## [Extracted data entries]
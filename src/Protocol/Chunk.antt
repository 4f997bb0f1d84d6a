-- ===== src/Protocol/Chunk.antt =====
-- The specification of the upload: complete messages, refusals, and the state that stands for it.
use ledger_sovereign.Base.{
  ℕ, ◌≤◌, ◌<◌, ◌≡◌, ◌^◌, true, false, none, some, List, arith, inl, inr, Bool-cases,
}
use ledger_sovereign.Platform.{Platform, Target, nano_s, large}
use ledger_sovereign.Tx.{flash_buffer_size}
use ledger_sovereign.Device.{Device}
use ledger_sovereign.Codes.Path.{is_ours}
use ledger_sovereign.Apdu.Upload.{Upload, complete, refused, chunk}
use ledger_sovereign.Apdu.Refine.{Uploading, upload}

pub flash-lt : (t : Target) → flash_buffer_size t < 2 ^ 16
flash-lt nano_s = omega arith
flash-lt large = omega arith

pub le_trans_lt : {a b c : ℕ} → a ≤ b → b < c → a < c
le_trans_lt h k = omega arith

-- A complete message is for a path of this application.
pub complete_path :
    (room p1 : ℕ) (payload : List ℕ) (u : Upload) (path message : List ℕ)
    → ((q m : List ℕ) → u ≡ some (q, m) → is_ours q ≡ true)
    → (chunk room u p1 payload).1 ≡ complete path message
    → is_ours path ≡ true
complete_path room p1 payload none path message ours h = ground arith
complete_path room p1 payload (some (q, m)) path message ours h = ground (arith, ours q m)

-- Behind a complete message no upload is under way.
pub complete_over :
    (room p1 : ℕ) (payload : List ℕ) (u : Upload) (path message : List ℕ)
    → (chunk room u p1 payload).1 ≡ complete path message
    → (chunk room u p1 payload).0 ≡ none
complete_over room p1 payload none path message h = ground arith
complete_over room p1 payload (some (q, m)) path message h = ground arith

-- A chunk is refused with a code that is no reset of the link.
pub chunk_codes :
    (room : ℕ) (u : Upload) (p1 : ℕ) (payload : List ℕ) (e : ℕ)
    → (chunk room u p1 payload).1 ≡ refused e
    → 4096 ≤ e
chunk_codes room none p1 payload e h = ground arith
chunk_codes room (some (path, message)) p1 payload e h = ground arith

module _ {B : Type 0} (p : Platform B) where
  pub upload_over : (d : Device B) → upload p d ≡ none → d.tx_initialized ≡ false
  upload_over d h = ground arith

  pub upload_ours :
      (d : Device B) → Uploading p d → (q m : List ℕ) → upload p d ≡ some (q, m) → is_ours q ≡ true
  upload_ours d ready q m h = elim (Bool-cases d.tx_initialized) [
    | inl yes_ready ↦ ground (arith, ready.path yes_ready)
    | inr not_ready ↦ ground arith
  ]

## [About this task]
Where a line of the records has the string "Target", copy that line.

## [Worked solution]
use ledger_sovereign.Platform.{Platform, Target, nano_s, large}
pub flash-lt : (t : Target) → flash_buffer_size t < 2 ^ 16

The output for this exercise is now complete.